Но не только дозоры княжеские несли службу справно, были свои доглядчики и у Прокопия. Подходя к Костроме, он уже знал, где стоят московские полки и сколько в них воинов. Прокопия не смутило, что княжеских дружинников в три раза больше. Мало того, он разделил свое полуторатысячное войско. Пять сотен, высадив за несколько верст до Костромы, тропами провел под сам город, а с тысячей все на тех же семидесяти ушкуях открыто пошел к месту сражения.

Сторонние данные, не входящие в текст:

-- ===== src/Mobile/Companion.antt =====
-- mobile/src/mobile-companion.ts, secure-storage.ts and repair.ts. A method acts on the controller with
-- what it holds: the item in the secure storage, the relay session and the calls of the Bluetooth
-- bridge, which are recorded. A request of `MobileAuthClient` is a function from what is asked to what
-- comes of it. `JSON.stringify` and `JSON.parse` are read as the record that they carry, and the text
-- of a date as its number of milliseconds, if it is one.
mod Registration
mod Repair
pub mod Storage
pub mod Bridged
unfoldable pub use Registration.*
unfoldable pub use Repair.*
use erg.Prelude.{
  ℕ, ◌+◌, Bool, true, false, not, ◌||◌, Option, none, some, List, [], ◌∷◌, ◌++◌, Text, codes,
  is_empty, or_else, text_eq, leb, if◌then◌else◌,
}
use erg.Bridge.State.{ClientType, mobile, even_hub}
use erg.Bridge.Services.Pairing.{RedeemPairingResponse}
use erg.Bridge.Services.Register.{RegisterDeviceResponse}
use erg.Bridge.Services.Refresh.{RefreshSessionResponse}
use erg.Mobile.Session
use erg.Mobile.Session.{
  Session, WebSocketTicketResponse, ReconnectPolicy, replace_ticket, handle_network_recovered,
}

pub data BleCall : Type 0 where
  connect : Text → BleCall
  disconnect : BleCall

pub record Companion : Type 0 where
  pub storage : Option Item
  pub registration : Option DeviceRegistration
  pub access_token : Text
  pub access_token_expires_at : Option ℕ
  pub latest_ticket : Option WebSocketTicketResponse
  pub session : Session
  pub ble : List BleCall

-- The controller of an app that has been started, before `restore`.
abbrev pub started : Option Item → Companion
started storage = record {
  storage = storage;
  registration = none;
  access_token = [];
  access_token_expires_at = none;
  latest_ticket = none;
  session = Session.initial;
  ble = [];
}

-- What a request comes to. `rejected` carries the code of a `MobileApiError`, if it has one.
pub data Api (A : Type 0) : Type 0 where
  returned : A → Api A
  rejected : Option Text → Api A

pub data Failure : Type 0 where
  not_paired : Failure
  request_failed : Option Text → Failure
  socket_not_open : Failure

pub data Result (A : Type 0) : Type 0 where
  ok : A → Companion → Result A
  failed : Failure → Companion → Result A

abbrev pub M : Type 0 → Type 0
M A = Companion → Result A

infixl 5 ◌>>=◌ ◌>>◌
abbrev pub ◌>>=◌ : {A B : Type 0} → M A → (A → M B) → M B
◌>>=◌ m f c = elim (m c) [ ok a c' ↦ f a c' | failed e c' ↦ failed e c' ]

abbrev pub ◌>>◌ : {B : Type 0} → M (Unit {0}) → M B → M B
◌>>◌ m k c = elim (m c) [ ok a c' ↦ k c' | failed e c' ↦ failed e c' ]

abbrev pub return : {A : Type 0} → A → M A
return a c = ok a c

abbrev pub gets : {A : Type 0} → (Companion → A) → M A
gets f c = ok (f c) c

abbrev pub modify : (Companion → Companion) → M (Unit {0})
modify f c = ok tt (f c)

abbrev pub await : {A : Type 0} → Api A → M A
await (returned a) c = ok a c
await (rejected code) c = failed (request_failed code) c

abbrev pub companion_of : {A : Type 0} → Result A → Companion
companion_of (ok a c) = c
companion_of (failed e c) = c

unfoldable pub restore : Companion → Companion
unfolding load
restore c = record c { registration = load c.storage }

-- `requireRegistration`
abbrev pub registered : Option DeviceRegistration → M DeviceRegistration
registered none c = failed not_paired c
registered (some r) c = ok r c

unfoldable pub require_registration : M DeviceRegistration
require_registration c = registered c.registration c

abbrev pub access_refresh_window_ms : ℕ
access_refresh_window_ms = 60000

unfoldable pub expires_within : Option ℕ → ℕ → ℕ → Bool
expires_within none threshold_ms now = true
expires_within (some t) threshold_ms now = leb t (now + threshold_ms)

pub record PairInput : Type 0 where
  pub relay_base_url : Text
  pub pairing_session_id : Option Text
  pub pairing_code : Text
  pub device_display_name : Text
  pub platform : Text
  pub app_version : Text

-- The bodies of the requests. The client type of a registration is "mobile".
pub record RedeemRequest : Type 0 where
  pub pairing_session_id : Option Text
  pub pairing_code : Text

pub record RegisterRequest : Type 0 where
  pub bootstrap_token : Text
  pub device_display_name : Text
  pub platform : Text
  pub app_version : Text

pub record RefreshRequest : Type 0 where
  pub device_id : Text
  pub refresh_token : Text

-- The write of a registration to the controller and to the storage.
abbrev pub remember : DeviceRegistration → Text → ℕ → Companion → Companion
remember r access_token expires_at c = record c {
  access_token = access_token;
  access_token_expires_at = some expires_at;
  registration = some r;
  storage = some (save r);
}

unfoldable pub pair :
    (RedeemRequest → Api RedeemPairingResponse)
    → (RegisterRequest → Api RegisterDeviceResponse)
    → PairInput
    → M DeviceRegistration
unfolding save
pair redeem register input = do
  redeemed ← await (
      redeem (record {
        pairing_session_id = input.pairing_session_id;
        pairing_code = input.pairing_code;
      }))
  answer ← await (
      register (record {
        bootstrap_token = redeemed.bootstrap_token;
        device_display_name = input.device_display_name;
        platform = input.platform;
        app_version = input.app_version;
      }))
  let registration : DeviceRegistration = record {
    relay_base_url = input.relay_base_url;
    device_id = answer.device_id;
    refresh_token = answer.refresh_token;
    device_display_name = input.device_display_name;
    default_conversation_id = answer.default_conversation_id;
    client_type = answer.client_type;
  }
  modify (remember registration answer.access_token answer.access_expires_at)
  return registration

-- The part of `ensureFreshSession` that asks for a new session.
unfoldable pub renew :
    (RefreshRequest → Api RefreshSessionResponse) → DeviceRegistration → M (Unit {0})
unfolding save
renew refresh r = do
  refreshed ← await (refresh (record { device_id = r.device_id; refresh_token = r.refresh_token }))
  modify (
      remember (record r { refresh_token = refreshed.refresh_token }) refreshed.access_token
        refreshed.access_expires_at)

unfoldable pub ensure_fresh_session :
    ℕ → (RefreshRequest → Api RefreshSessionResponse) → M (Unit {0})
unfolding require_registration expires_within renew
ensure_fresh_session now refresh = do
  r ← require_registration
  stale ← gets (λ c.
      is_empty c.access_token
      || expires_within c.access_token_expires_at access_refresh_window_ms now)
  if stale then renew refresh r else return tt

-- `issueWebSocketTicket` with an access token, for a conversation.
abbrev Issue : Type 0
Issue = Text → Text → Api WebSocketTicketResponse

abbrev pub given_or : Option Text → Text → Text
given_or none d = d
given_or (some t) d = or_else t d

-- `connect` of the controller.
unfoldable pub connect_relay :
    ℕ → (RefreshRequest → Api RefreshSessionResponse) → Issue → Option Text → M (Unit {0})
unfolding require_registration ensure_fresh_session Session.connect
connect_relay now refresh issue conversation_id = do
  r ← require_registration
  ensure_fresh_session now refresh
  let resolved = given_or conversation_id r.default_conversation_id
  access_token ← gets (λ c. c.access_token)
  ticket ← await (issue access_token resolved)
  modify (λ c. record c {
    latest_ticket = some ticket;
    session = Session.connect ticket resolved none none c.session;
    ble = c.ble ++ connect r.device_id ∷ [];
  })

abbrev recover :
    ReconnectPolicy
    → (ℕ → ℕ)
    → Issue
    → Option WebSocketTicketResponse
    → Option DeviceRegistration
    → M (Unit {0})
recover policy portion issue none r = return tt
recover policy portion issue (some old) none = return tt
recover policy portion issue (some old) (some r) = do
  access_token ← gets (λ c. c.access_token)
  ticket ← await (issue access_token r.default_conversation_id)
  modify (λ c. record c {
    latest_ticket = some ticket;
    session = handle_network_recovered policy portion (replace_ticket ticket c.session);
  })

unfoldable pub reconnect_after_network_recovery :
    ReconnectPolicy
    → (ℕ → ℕ)
    → ℕ
    → (RefreshRequest → Api RefreshSessionResponse)
    → Issue
    → M (Unit {0})
unfolding ensure_fresh_session handle_network_recovered replace_ticket
reconnect_after_network_recovery policy portion now refresh issue = do
  ensure_fresh_session now refresh
  ticket ← gets (λ c. c.latest_ticket)
  registration ← gets (λ c. c.registration)
  recover policy portion issue ticket registration

abbrev prompted : Companion → Session × Bool → Result (Unit {0})
prompted c (session, thrown) =
    let sent : Companion = record c { session = session } in
    if thrown then failed socket_not_open sent else ok tt sent

unfoldable pub send_prompt :
    ℕ → (RefreshRequest → Api RefreshSessionResponse) → Text → Text → M (Unit {0})
unfolding ensure_fresh_session Session.send_prompt
send_prompt now refresh prompt_id text = do
  ensure_fresh_session now refresh
  λ c. prompted c (Session.send_prompt prompt_id text c.session)

unfoldable pub clear_registration : Companion → Companion
unfolding Session.disconnect
clear_registration c = record c {
  storage = none;
  registration = none;
  access_token = [];
  access_token_expires_at = none;
  latest_ticket = none;
  ble = c.ble ++ BleCall.disconnect ∷ [];
  session = Session.disconnect c.session;
}

abbrev needs_pairing : RepairAction → Bool
needs_pairing re_pair = true
needs_pairing _ = false

-- `repairFromError`; the code is that of a `MobileApiError`, and no other error has one.
unfoldable pub repair_from_error : Option Text → Companion → Companion × Text
unfolding derive_repair_state clear_registration
repair_from_error code c =
    let repair = derive_repair_state code in
    (if needs_pairing repair.recommended_action then clear_registration c else c, repair.message)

Воевода Плещеев вывел полки за городские ворота. И если бы он ударил по высаживающимся на берег повольникам, то, несомненно, одержал бы победу. Но он подождал, пока Прокопий выстроит свое воинство. Когда же воевода увидел сколь мало разбойных на берегу, возрадовался, предвкушая победу, и подал сигнал к наступлению. Навстречу им, невзирая на малочисленность, устремились ушкуйники. Их решимость поражала, а вооружение и защита настораживали. Повольники, одетые в кольчуги или бехтерцы[33], ощетинившиеся копьями, укрытые щитами, монолитно надвигались на княжеских дружинников. Не боясь окружения, они решительно вторглись в разрозненные ряды московских полков, утопая в них, но оставаясь все такой же единой, несокрушимой массой, чего не заметил воевода Плещеев. Он уже предвкушал победу, глядя, как его ратники обтекают строй разбойников. Но что это? Вдоль берега, убыстряясь с каждым мгновением, угрожающе приближалась вооруженная масса. Вот она ударила в спины ничего не подозревающих ратников, взрезая и разрывая их ряды. Напор был настолько силен, что дружинники не выдержали и побежали. Основная же масса ушкуйников, все такая же монолитная и несокрушимая, перемалывала московских ратников, прижимая их остатки к городской стене. Стремясь спастись, те побежали к воротам, устроив толчею и не дав сторожам сдвинуть створки. Ушкуйники, выдавливая московских ратников, вошли в город. Воевода Александр Плещеев с двумя сотнями ратников чудом ускользнул от плена и ушел через западные ворота, чтобы предстать головой перед своим князем.

33

Бехтерцы — композитные панцири, в которых в кольчужное плетение вплетались стальные пластины.